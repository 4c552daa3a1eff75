-- ===== src/Tests/Tokens.antt =====
-- Tokens at concrete inputs.
use titlani.Base.{ℕ, false, [], ◌∷◌, none, some, ◌≡◌, refl, arith}
use titlani.Str.Core.{codes}
use titlani.Server.Subscription.{
  TokenStore, Row, create_token, verify_token, is_pending, cleanup, find_row, has_token,
}
use titlani.Server.Subscription.Tokens.{verify_token-create_token, cleanup-unseen}
use titlani.Tests.Machine.{handlers, machine}

abbrev old : Row
old = record {
  list_name = codes "l";
  address = codes "a@b";
  token = codes "A1B2C3";
  created_at = 5;
}

abbrev store : TokenStore
store = record { rows = old ∷ []; ttl_seconds = 60 }

is_fresh : find_row (has_token machine store 8 (codes "l") (codes "d4e5f6")) store.rows ≡ none
unfolding handlers
is_fresh = refl

cased : machine.upper (codes "d4e5f6") ≡ codes "D4E5F6"
cased = refl

verify_token-create_token_example :
    (left : TokenStore) × (verify_token machine
        (create_token machine store 7 (codes "D4E5F6") (codes "l") (codes "A@B"))
        8
        (codes "l")
        (codes "d4e5f6")
      ≡ (some (codes "a@b"), left))
    × ((t : ℕ) → is_pending machine left t (codes "l") (codes "A@B") ≡ false)
verify_token-create_token_example =
    verify_token-create_token machine store 7 8 (codes "D4E5F6") (codes "d4e5f6") (codes "l")
      (codes "A@B") cased (omega arith) is_fresh

cleanup-unseen_example :
    ((verify_token machine (cleanup store 7).1 8 (codes "l") (codes "a1b2c3")).0
      ≡ (verify_token machine store 8 (codes "l") (codes "a1b2c3")).0)
    × (is_pending machine (cleanup store 7).1 8 (codes "l") (codes "a1b2c3")
        ≡ is_pending machine store 8 (codes "l") (codes "a1b2c3"))
cleanup-unseen_example = cleanup-unseen machine store 7 8 (codes "l") (codes "a1b2c3") (omega arith)
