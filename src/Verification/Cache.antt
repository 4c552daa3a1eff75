-- ===== src/Verification/Cache.antt =====
-- `SenderVerificationCache` of src/titlani/verification/cache.py: its two tables, each with a text
-- as its primary key, and what each SQL statement does. Instants are microseconds; the texts of
-- `isoformat` for UTC sort as their instants do, also where the fraction is left out.
pub mod Keys
pub mod Refinement
use titlani.Base.{
  ℕ, ◌+◌, ◌-◌, ◌*◌, Bool, true, false, not, List, [], ◌∷◌, Option, none, some, if◌then◌else◌, leb,
  ltb, length, map,
}
use titlani.Str.Core.{Text, same}

pub record Row : Type 0 where
  pub key : Text
  pub value : Text
  pub verified_at : ℕ

pub record SenderVerificationCache : Type 0 where
  pub verified_senders : List Row
  pub server_spki : List Row
  pub ttl_seconds : ℕ

-- `WHERE key = ?`
unfoldable pub select : Text → List Row → Option Row
select k [] = none
select k (r ∷ rs) = let rest = select k rs in if same r.key k then some r else rest

-- INSERT … ON CONFLICT(key) DO UPDATE
unfoldable pub upsert : Row → List Row → List Row
upsert row [] = row ∷ []
upsert row (r ∷ rs) = let rest = upsert row rs in if same r.key row.key then row ∷ rs else r ∷ rest

-- DELETE … WHERE
unfoldable pub delete_where : (Row → Bool) → List Row → List Row
delete_where p [] = []
delete_where p (r ∷ rs) = let rest = delete_where p rs in if p r then rest else r ∷ rest

-- `verified_at >= cutoff`
unfoldable pub is_live : ℕ → ℕ → Row → Bool
is_live ttl now r = leb now (r.verified_at + ttl * 1000000)

-- `WHERE key = ? AND verified_at >= ?`
unfoldable pub select_live : ℕ → ℕ → Text → List Row → Option Row
unfolding is_live
select_live ttl now k [] = none
select_live ttl now k (r ∷ rs) =
    let rest = select_live ttl now k rs in
    if same r.key k then (if is_live ttl now r then some r else rest) else rest

unfoldable pub value_of : Option Row → Option Text
value_of none = none
value_of (some r) = some r.value

-- `ORDER BY verified_at DESC`
insert_by_age : Row → List Row → List Row
insert_by_age row [] = row ∷ []
insert_by_age row (r ∷ rs) =
    let rest = insert_by_age row rs in
    if leb r.verified_at row.verified_at then row ∷ r ∷ rs else r ∷ rest

newest_first : List Row → List Row
unfolding insert_by_age
newest_first [] = []
newest_first (r ∷ rs) = insert_by_age r (newest_first rs)

-- `get_fingerprint`
unfoldable pub get_fingerprint : SenderVerificationCache → ℕ → Text → Option Text
unfolding select_live value_of
get_fingerprint c now address = value_of (select_live c.ttl_seconds now address c.verified_senders)

-- `add_verified`
unfoldable pub add_verified : SenderVerificationCache → ℕ → Text → Text → SenderVerificationCache
unfolding upsert
add_verified c now address fingerprint = record c {
  verified_senders =
      upsert (record { key = address; value = fingerprint; verified_at = now }) c.verified_senders;
}

-- `revoke`: whether there was a row
unfoldable pub revoke : SenderVerificationCache → Text → Bool × SenderVerificationCache
unfolding delete_where
revoke c address =
    let rows = delete_where (λ r. same r.key address) c.verified_senders in
    (ltb (length rows) (length c.verified_senders), record c { verified_senders = rows })

-- `list_verified`
unfoldable pub list_verified : SenderVerificationCache → List (Text × Text × ℕ)
unfolding newest_first
list_verified c = map (λ r. (r.key, r.value, r.verified_at)) (newest_first c.verified_senders)

-- `cleanup`: the number of rows removed
unfoldable pub cleanup : SenderVerificationCache → ℕ → ℕ × SenderVerificationCache
unfolding delete_where is_live
cleanup c now =
    let senders = delete_where (λ r. not (is_live c.ttl_seconds now r)) c.verified_senders in
    let servers = delete_where (λ r. not (is_live c.ttl_seconds now r)) c.server_spki in
    (
      (length c.verified_senders - length senders) + (length c.server_spki - length servers),
      record c { verified_senders = senders; server_spki = servers },
    )

-- `get_server_spki`
unfoldable pub get_server_spki : SenderVerificationCache → ℕ → Text → Option Text
unfolding select_live value_of
get_server_spki c now hostname = value_of (select_live c.ttl_seconds now hostname c.server_spki)

-- `get_last_server_spki`
unfoldable pub get_last_server_spki : SenderVerificationCache → Text → Option Text
unfolding select value_of
get_last_server_spki c hostname = value_of (select hostname c.server_spki)

-- `add_server_spki`
unfoldable pub add_server_spki : SenderVerificationCache → ℕ → Text → Text → SenderVerificationCache
unfolding upsert
add_server_spki c now hostname spki_hash = record c {
  server_spki =
      upsert (record { key = hostname; value = spki_hash; verified_at = now }) c.server_spki;
}

-- `list_server_spki`
unfoldable pub list_server_spki : SenderVerificationCache → List (Text × Text × ℕ)
unfolding newest_first
list_server_spki c = map (λ r. (r.key, r.value, r.verified_at)) (newest_first c.server_spki)

-- `clear_server_spki`: the number of rows removed
unfoldable pub clear_server_spki : SenderVerificationCache → ℕ × SenderVerificationCache
clear_server_spki c = (length c.server_spki, record c { server_spki = [] })
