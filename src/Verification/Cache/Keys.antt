-- ===== src/Verification/Cache/Keys.antt =====
-- The tables of src/titlani/verification/cache.py by their keys: what is selected after a statement.
use titlani.Base.{
  ℕ, Bool, true, false, not, List, [], ◌∷◌, Option, none, some, if◌then◌else◌, ◌≡◌, refl, ap, sym,
  ◌∙◌, arith, Bool-cases, inl, inr,
}
use titlani.Str.Core.{Text, same, same_iff, same-false}
use titlani.Verification.Cache.{Row, select, upsert, delete_where, is_live, select_live}

pub select-upsert :
    (k : Text) (row : Row) (rs : List Row)
    → select k (upsert row rs) ≡ (if same row.key k then some row else select k rs)
unfolding select upsert
select-upsert k row [] = refl
select-upsert k row (r ∷ rs) = elim (Bool-cases (same r.key row.key)) [
  | inl e ↦
      let q : same r.key k ≡ same row.key k = ap (λ x. same x k) ((same_iff r.key row.key).0 e) in
      ground arith
  | inr e ↦
      let q : same row.key k ≡ true → same r.key k ≡ false =
        λ f. ap (same r.key) (sym ((same_iff row.key k).0 f)) ∙ e in
      elim (Bool-cases (same row.key k)) [
        | inl f ↦ let g = q f in ground (arith, select-upsert k row rs)
        | inr f ↦ ground (arith, select-upsert k row rs)
      ]
]

-- Each key stands in one row at most.
abbrev pub IsKeyed : List Row → Type 0
IsKeyed [] = Unit
IsKeyed (r ∷ rs) = (select r.key rs ≡ none) × IsKeyed rs

pub upsert-IsKeyed : (row : Row) (rs : List Row) → IsKeyed rs → IsKeyed (upsert row rs)
unfolding upsert select
upsert-IsKeyed row [] h = (refl, tt)
upsert-IsKeyed row (r ∷ rs) (hr, h) = elim (Bool-cases (same r.key row.key)) [
  | inl e ↦ rw e (ap (λ k. select k rs) (sym ((same_iff r.key row.key).0 e)) ∙ hr, h)
  | inr e ↦
      let q : same row.key r.key ≡ false =
        same-false row.key r.key (λ a. ground (arith, (same_iff r.key row.key).1 (sym a))) in
      let absent : select r.key (upsert row rs) ≡ none =
        ground (arith, select-upsert r.key row rs) in
      rw e (absent, upsert-IsKeyed row rs h)
]

select-delete_where-none :
    (k : Text) (p : Row → Bool) (rs : List Row)
    → select k rs ≡ none
    → select k (delete_where p rs) ≡ none
unfolding select delete_where
select-delete_where-none k p [] h = refl
select-delete_where-none k p (r ∷ rs) h = elim (Bool-cases (p r)) [
  | inl e ↦ ground (arith, select-delete_where-none k p rs)
  | inr e ↦ ground (arith, select-delete_where-none k p rs)
]

pub delete_where-IsKeyed :
    (p : Row → Bool) (rs : List Row) → IsKeyed rs → IsKeyed (delete_where p rs)
unfolding delete_where
delete_where-IsKeyed p [] h = tt
delete_where-IsKeyed p (r ∷ rs) (hr, h) = elim (Bool-cases (p r)) [
  | inl e ↦ rw e (delete_where-IsKeyed p rs h)
  | inr e ↦ rw e (select-delete_where-none r.key p rs hr, delete_where-IsKeyed p rs h)
]

-- The row that passes the test, if it is to stay.
abbrev pub unless : (Row → Bool) → Option Row → Option Row
unless p none = none
unless p (some r) = if p r then none else some r

pub select-delete_where :
    (k : Text) (p : Row → Bool) (rs : List Row)
    → IsKeyed rs
    → select k (delete_where p rs) ≡ unless p (select k rs)
unfolding select delete_where
select-delete_where k p [] h = refl
select-delete_where k p (r ∷ rs) (hr, h) = elim (Bool-cases (same r.key k)) [
  | inl e ↦
      let absent : select k rs ≡ none = ap (λ x. select x rs) (sym ((same_iff r.key k).0 e)) ∙ hr in
      let gone = select-delete_where-none k p rs absent in ground arith
  | inr e ↦ ground (arith, select-delete_where k p rs h)
]

-- A live row is the row of its key, if that is live.
pub select_live-select :
    (ttl now : ℕ) (k : Text) (rs : List Row)
    → IsKeyed rs
    → select_live ttl now k rs ≡ unless (λ r. not (is_live ttl now r)) (select k rs)
unfolding select select_live
select_live-select ttl now k [] h = refl
select_live-select ttl now k (r ∷ rs) (hr, h) = elim (Bool-cases (same r.key k)) [
  | inl e ↦
      let absent : select k rs ≡ none = ap (λ x. select x rs) (sym ((same_iff r.key k).0 e)) ∙ hr in
      ground (arith, select_live-select ttl now k rs h)
  | inr e ↦ ground (arith, select_live-select ttl now k rs h)
]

> **Exercise objective**: One stretch of the lines above is wanted, from the line that contains "address = codes" through the line that contains "is_pending machine store". Output it exactly.

> **Solved exercise**:
  address = codes "a@b";
  token = codes "A1B2C3";
  created_at = 5;
}

abbrev store : TokenStore
store = record { rows = old ∷ []; ttl_seconds = 60 }

is_fresh : find_row (has_token machine store 8 (codes "l") (codes "d4e5f6")) store.rows ≡ none
unfolding handlers
is_fresh = refl

cased : machine.upper (codes "d4e5f6") ≡ codes "D4E5F6"
cased = refl

verify_token-create_token_example :
    (left : TokenStore) × (verify_token machine
        (create_token machine store 7 (codes "D4E5F6") (codes "l") (codes "A@B"))
        8
        (codes "l")
        (codes "d4e5f6")
      ≡ (some (codes "a@b"), left))
    × ((t : ℕ) → is_pending machine left t (codes "l") (codes "A@B") ≡ false)
verify_token-create_token_example =
    verify_token-create_token machine store 7 8 (codes "D4E5F6") (codes "d4e5f6") (codes "l")
      (codes "A@B") cased (omega arith) is_fresh

cleanup-unseen_example :
    ((verify_token machine (cleanup store 7).1 8 (codes "l") (codes "a1b2c3")).0
      ≡ (verify_token machine store 8 (codes "l") (codes "a1b2c3")).0)
    × (is_pending machine (cleanup store 7).1 8 (codes "l") (codes "a1b2c3")
        ≡ is_pending machine store 8 (codes "l") (codes "a1b2c3"))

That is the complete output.